Signed-off-by: Michal Privoznik <mprivozn@xxxxxxxxxx>
---
 daemon/99-libvirt.rules | 12 ++++++++++++
 daemon/Makefile.am      | 22 +++++++++++++++++++---
 m4/virt-udev.m4         | 26 ++++++++++++++++++++++++++
 src/Makefile.am         |  4 ++++
 4 files changed, 61 insertions(+), 3 deletions(-)

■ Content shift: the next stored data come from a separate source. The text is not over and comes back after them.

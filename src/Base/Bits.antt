-- ===== src/Base/Bits.antt =====
-- Facts about `bit_and` and `bit_or` at variables, and tables over small ranges.
use Prim.Native.Nat.{
  ℕ, zero, suc, ◌+◌, ◌-◌, ◌*◌, ◌/◌, ◌%◌, ◌^◌, ◌≤◌, ◌<◌, min, max, bit_and, bit_or, digits,
  bit_and-bitwise, bit_or-bitwise,
}
use mathlib.Core.Path.{◌≡◌, refl, ap, ap₂, sym, ◌∙◌}
use mathlib.Core.Bool.{Bool, true, ◌&&◌}
use native.Mathlib.Nat.{pow-suc, mod-add-div', mod-eq_of_lt, mod-lt, add-mul-mod_self_right}
use native.Mathlib.Omega.{arith}

-- The test holds of every number below `bound`, by evaluation.
unfoldable pub all_below : (test : ℕ → Bool) (bound : ℕ) → Bool
all_below test zero = true
all_below test (suc bound) = test bound && all_below test bound

pub all_below_sound :
    (test : ℕ → Bool) (bound i : ℕ) → i < bound → all_below test bound ≡ true → test i ≡ true
unfolding all_below
all_below_sound test zero i below all = absurd (omega arith)
all_below_sound test (suc bound) i below all = ground (arith, all_below_sound test bound i)

pub pow-pos : (k : ℕ) → 0 < 2 ^ k
pow-pos zero = omega arith
pow-pos (suc k) = rw pow-suc (omega (arith, pow-pos k))

-- Both native operations go through the same digits; only the case of an empty left side differs.
module _ (base : ℕ → ℕ) (f : ℕ → ℕ → ℕ)
    (law : (b : ℕ) → base b ≡ base (b / 2) * 2 + f 0 (b % 2)) where
  one_more : (n x y : ℕ) → x ≤ n → digits base f (suc n) x y ≡ digits base f n x y
  one_more zero zero y h = refl
  one_more zero (suc x) y h = absurd (omega arith)
  one_more (suc n) zero y h = refl
  one_more (suc n) (suc x) y h =
      let inner = one_more n (suc x / 2) (y / 2) (omega arith) in omega (arith, inner)

  -- Fuel beyond the left side changes nothing.
  spare_fuel : (spare n x y : ℕ) → x ≤ n → digits base f (n + spare) x y ≡ digits base f n x y
  spare_fuel zero n x y h = ap (λ t. digits base f t x y) (omega arith)
  spare_fuel (suc spare) n x y h =
      let moved : n + suc spare ≡ suc (n + spare) = omega arith in
      ap (λ t. digits base f t x y) moved
      ∙ one_more (n + spare) x y (omega arith)
      ∙ spare_fuel spare n x y h

  digits_step :
      (x y : ℕ)
      → digits base f x x y ≡ digits base f (x / 2) (x / 2) (y / 2) * 2 + f (x % 2) (y % 2)
  digits_step zero y = law y
  digits_step (suc x) y =
      let half = suc x / 2 in
      let enough : half + (x - half) ≡ x = omega arith in
      let inner : digits base f x half (y / 2) ≡ digits base f half half (y / 2) =
        ap (λ t. digits base f t half (y / 2)) (sym enough)
        ∙ spare_fuel (x - half) half half (y / 2) (omega arith) in
      omega (arith, inner)

-- The law for the lowest digit.
pub bit_and_step :
    (x mask : ℕ) → bit_and x mask ≡ bit_and (x / 2) (mask / 2) * 2 + min (x % 2) (mask % 2)
bit_and_step a b = omega (
  arith,
  bit_and-bitwise a b,
  bit_and-bitwise (a / 2) (b / 2),
  digits_step (λ b. zero) min (λ b. omega arith) a b,
)

bit_or_step : (x mask : ℕ) → bit_or x mask ≡ bit_or (x / 2) (mask / 2) * 2 + max (x % 2) (mask % 2)
bit_or_step a b = omega (
  arith,
  bit_or-bitwise a b,
  bit_or-bitwise (a / 2) (b / 2),
  digits_step (λ b. b) max (λ b. omega arith) a b,
)

half-mod : (m a : ℕ) → 0 < m → a / 2 % m * 2 + a % 2 ≡ a % (m * 2)
half-mod m a h =
    let e : a ≡ (a / 2 % m * 2 + a % 2) + a / 2 / m * (m * 2) =
      omega (arith, mod-add-div' (a / 2) m) in
    let f : a % (m * 2) ≡ ((a / 2 % m * 2 + a % 2) + a / 2 / m * (m * 2)) % (m * 2) =
      ap (λ t. t % (m * 2)) e in
    let g : (a / 2 % m * 2 + a % 2) % (m * 2) ≡ a / 2 % m * 2 + a % 2 =
      mod-eq_of_lt (omega (arith, mod-lt (a / 2) h)) in
    sym (f ∙ add-mul-mod_self_right _ (a / 2 / m) (m * 2) ∙ g)

bit_and-zero : (fuel x : ℕ) → x ≤ fuel → bit_and x 0 ≡ 0
bit_and-zero zero x h = let none_left : x ≡ 0 = omega arith in ap (λ t. bit_and t 0) none_left
bit_and-zero (suc fuel) zero h = refl
bit_and-zero (suc fuel) (suc x) h =
    let rest = bit_and-zero fuel (suc x / 2) (omega arith) in
    omega (arith, rest, bit_and_step (suc x) 0)

-- Masking by k ones is the remainder by 2 ^ k.
pub bit_and-mask : (k a : ℕ) → bit_and a (2 ^ k - 1) ≡ a % 2 ^ k
bit_and-mask zero a = omega (arith, bit_and-zero a a (omega arith))
bit_and-mask (suc k) a =
    let low : bit_and (a / 2) ((2 ^ k * 2 - 1) / 2) ≡ bit_and (a / 2) (2 ^ k - 1) =
      ap (bit_and (a / 2)) (omega (arith, pow-pos k)) in
    rw pow-suc (
      omega (
        arith,
        low,
        pow-pos k,
        half-mod (2 ^ k) a (pow-pos k),
        bit_and_step a (2 ^ k * 2 - 1),
        bit_and-mask k (a / 2),
      ))

bit_or-zero : (n a : ℕ) → a ≤ n → bit_or a 0 ≡ a
bit_or-zero n zero h = refl
bit_or-zero zero (suc a) h = absurd (omega arith)
bit_or-zero (suc n) (suc a) h =
    omega (arith, bit_or_step (suc a) 0, bit_or-zero n (suc a / 2) (omega arith))

-- Bits that do not overlap add up.
pub bit_or-disjoint : (k a b : ℕ) → b < 2 ^ k → bit_or (a * 2 ^ k) b ≡ a * 2 ^ k + b
bit_or-disjoint zero a b h =
    ap (bit_or (a * 1)) (omega arith) ∙ bit_or-zero (a * 1) (a * 1) (omega arith) ∙ omega arith
bit_or-disjoint (suc k) a b h =
    let e : 2 ^ suc k ≡ 2 ^ k * 2 = pow-suc 2 k in
    let half : bit_or (a * (2 ^ k * 2) / 2) (b / 2) ≡ bit_or (a * 2 ^ k) (b / 2) =
      ap (λ t. bit_or t (b / 2)) (omega arith) in
    rw e (
      omega
        (arith, half, bit_or_step (a * (2 ^ k * 2)) b, bit_or-disjoint k a (b / 2) (omega arith)))

-- The low bits of one side pass through where the other side has none.
pub bit_or-low :
    (k a b c : ℕ) → b < 2 ^ k → bit_or (a * 2 ^ k + b) (c * 2 ^ k) ≡ bit_or a c * 2 ^ k + b
bit_or-low zero a b c h =
    let same : bit_or (a * 1 + b) (c * 1) ≡ bit_or a c = ap₂ bit_or (omega arith) (omega arith) in
    omega (arith, same)
bit_or-low (suc k) a b c h =
    let e : 2 ^ suc k ≡ 2 ^ k * 2 = pow-suc 2 k in
    let half : bit_or ((a * (2 ^ k * 2) + b) / 2) (c * (2 ^ k * 2) / 2)
        ≡ bit_or (a * 2 ^ k + b / 2) (c * 2 ^ k) =
      ap₂ bit_or (omega arith) (omega arith) in
    rw e (
      omega (
        arith,
        half,
        bit_or_step (a * (2 ^ k * 2) + b) (c * (2 ^ k * 2)),
        bit_or-low k a (b / 2) c (omega arith),
      ))
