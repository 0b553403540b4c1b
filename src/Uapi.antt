-- ===== src/Uapi.antt =====
-- include/vcam_uapi.h: the structures that cross the ioctl boundary, and their flags.
-- A `vcam_u32` or `vcam_u64` is a native number, a `vcam_s32` or `vcam_s64` an integer; a C array
-- is a list.
pub mod Layout
pub mod Ioc
use vcam_kmod.Base.{ℕ, List}
use vcam_kmod.Base.Int.{ℤ}

abbrev pub abi_version : ℕ
abi_version = 1

abbrev pub max_planes : ℕ
max_planes = 3

abbrev pub f_mirror : ℕ
f_mirror = 1

abbrev pub f_autopose : ℕ
f_autopose = 2

pub record Version : Type 0 where
  pub abi : ℕ
  pub max_streams : ℕ
  pub pool_size : ℕ
  pub reserved : ℕ

pub record Plane : Type 0 where
  pub offset : ℕ
  pub stride : ℕ

pub record Format : Type 0 where
  pub width : ℕ
  pub height : ℕ
  pub fourcc : ℕ
  pub num_planes : ℕ
  pub plane : List Plane

pub record Frame : Type 0 where
  pub fd : ℤ
  pub stream_id : ℕ
  pub slot : ℕ
  pub rotation_deg : ℕ
  pub flags : ℕ
  pub seq : ℕ
  pub timestamp_ns : ℤ
  pub fmt : Format

pub record Range : Type 0 where
  pub begin_ns : ℤ
  pub end_ns : ℤ
  pub loop : ℕ
  pub reserved : ℕ

pub record Dequeue : Type 0 where
  pub seq : ℕ
  pub slot : ℕ
  pub resolved_angle_deg : ℕ
  pub resolved_mirror : ℕ
  pub reserved : ℕ

pub record Pose : Type 0 where
  pub flags : ℕ
  pub rotation_deg : ℕ
  pub media_rotation_deg : ℤ
  pub reserved : ℕ

pub record Poll : Type 0 where
  pub client_attached : ℕ
  pub width_delta : ℕ
  pub height_delta : ℕ
  pub format : ℕ

pub record Stats : Type 0 where
  pub submitted : ℕ
  pub dequeued : ℕ
  pub released : ℕ
  pub rejected_busy : ℕ
  pub rejected_unknown : ℕ
  pub dequeued_empty : ℕ
  pub looped : ℕ
  pub dropped_late : ℕ
  pub bound : ℕ

-- The types that a command's argument can point to, and the value that one holds.
pub data Struct : Type 0 where
  version frame u32 dequeue u64 range pose stats poll : Struct

abbrev pub Val : Struct → Type 0
Val version = Version
Val frame = Frame
Val u32 = ℕ
Val dequeue = Dequeue
Val u64 = ℕ
Val range = Range
Val pose = Pose
Val stats = Stats
Val poll = Poll
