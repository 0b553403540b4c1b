-- ===== src/Uapi/Layout.antt =====
-- The sizes of the structures of include/vcam_uapi.h, as C lays them out on a 64-bit machine:
-- each member at the next multiple of its alignment, the whole rounded up to the largest one.
use vcam_kmod.Base.{ℕ, ◌+◌, ◌-◌, ◌*◌, ◌/◌, List, [], ◌∷◌, replicate}
use vcam_kmod.Uapi.{Struct, version, frame, u32, dequeue, u64, range, pose, stats, poll}
use Prim.Native.Nat.{max}

abbrev round_up : ℕ → ℕ → ℕ
round_up n a = (n + a - 1) / a * a

-- The offset behind the members, from the offset before them.
abbrev place : ℕ → List ℕ → ℕ
place offset [] = offset
place offset (m ∷ ms) = place (round_up offset m + m) ms

abbrev alignment : List ℕ → ℕ
alignment [] = 1
alignment (m ∷ ms) = max m (alignment ms)

abbrev pub size_of_members : List ℕ → ℕ
size_of_members ms = round_up (place 0 ms) (alignment ms)

-- A format: four scalars and three planes of two.
abbrev pub format_members : List ℕ
format_members = replicate 10 4

-- The scalar members of each type, by size, which is also their alignment. A frame ends in its
-- format.
abbrev pub members : Struct → List ℕ
members version = replicate 4 4
members frame = 4 ∷ 4 ∷ 4 ∷ 4 ∷ 4 ∷ 8 ∷ 8 ∷ format_members
members u32 = 4 ∷ []
members dequeue = 8 ∷ replicate 4 4
members u64 = 8 ∷ []
members range = 8 ∷ 8 ∷ 4 ∷ 4 ∷ []
members pose = replicate 4 4
members stats = replicate 9 8
members poll = replicate 4 4

abbrev pub size_of : Struct → ℕ
size_of s = size_of_members (members s)
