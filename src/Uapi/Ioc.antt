-- ===== src/Uapi/Ioc.antt =====
-- The ioctl encoding of include/vcam_uapi.h (VCAM_IOC and the command numbers), and the decoding
-- that the driver uses (`_IOC_TYPE`, `_IOC_NR` and their kin of verify/linux-asm-generic-ioctl.h).
use vcam_kmod.Base.{ℕ, ◌+◌, ◌-◌, ◌*◌, ◌/◌, ◌^◌, bit_and, bit_or}
use vcam_kmod.Uapi.{Struct, version, frame, u32, dequeue, u64, range, pose, stats, poll}
use vcam_kmod.Uapi.Layout.{size_of}

abbrev pub magic : ℕ
magic = b'v'

abbrev pub max_nr : ℕ
max_nr = 9

abbrev pub ioc_write : ℕ
ioc_write = 1

abbrev pub ioc_read : ℕ
ioc_read = 2

abbrev pub nr_shift : ℕ
nr_shift = 0

abbrev pub type_shift : ℕ
type_shift = nr_shift + 8

abbrev pub size_shift : ℕ
size_shift = type_shift + 8

abbrev pub dir_shift : ℕ
dir_shift = size_shift + 14

-- The operands are small enough that no shift loses a bit.
abbrev shl : ℕ → ℕ → ℕ
shl x k = x * 2 ^ k

unfoldable pub ioc : ℕ → ℕ → ℕ → ℕ → ℕ
ioc dir type nr size =
    bit_or (bit_or (bit_or (shl dir dir_shift) (shl type type_shift)) (shl nr nr_shift))
      (shl size size_shift)

abbrev field : ℕ → ℕ → ℕ → ℕ
field cmd shift bits = bit_and (cmd / 2 ^ shift) (2 ^ bits - 1)

unfoldable pub ioc_dir : ℕ → ℕ
ioc_dir cmd = field cmd dir_shift 2

unfoldable pub ioc_type : ℕ → ℕ
ioc_type cmd = field cmd type_shift 8

unfoldable pub ioc_nr : ℕ → ℕ
ioc_nr cmd = field cmd nr_shift 8

unfoldable pub ioc_size : ℕ → ℕ
ioc_size cmd = field cmd size_shift 14

unfoldable pub ior : ℕ → Struct → ℕ
unfolding ioc
ior nr t = ioc ioc_read magic nr (size_of t)

unfoldable pub iow : ℕ → Struct → ℕ
unfolding ioc
iow nr t = ioc ioc_write magic nr (size_of t)

unfoldable pub iowr : ℕ → Struct → ℕ
unfolding ioc
iowr nr t = ioc (bit_or ioc_read ioc_write) magic nr (size_of t)

-- The ten commands.
pub data Command : Type 0 where
  get_version register_buf unregister_buf submit dequeue_frame release set_range set_pose : Command
  get_stats poll_delta : Command

unfoldable pub number : Command → ℕ
unfolding ior iow iowr
number get_version = ior 0 version
number register_buf = iowr 1 frame
number unregister_buf = iow 2 u32
number submit = iow 3 frame
number dequeue_frame = ior 4 dequeue
number release = iow 5 u64
number set_range = iow 6 range
number set_pose = iow 7 pose
number get_stats = ior 8 stats
number poll_delta = ior 9 poll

 create mode 100644 daemon/99-libvirt.rules

diff --git a/daemon/99-libvirt.rules b/daemon/99-libvirt.rules
new file mode 100644
index 0000000..f4d4623
--- /dev/null
+++ b/daemon/99-libvirt.rules
@@ -0,0 +1,12 @@
+# Copyright (C) 2016 Red Hat, Inc. All rights reserved.
+#
+# This file is part of libvirt.
+
+#
+# The udevhelper binary reports:
+#   UID GID SELINUX
+#
+ACTION!="add|change", GOTO="libvirt_end"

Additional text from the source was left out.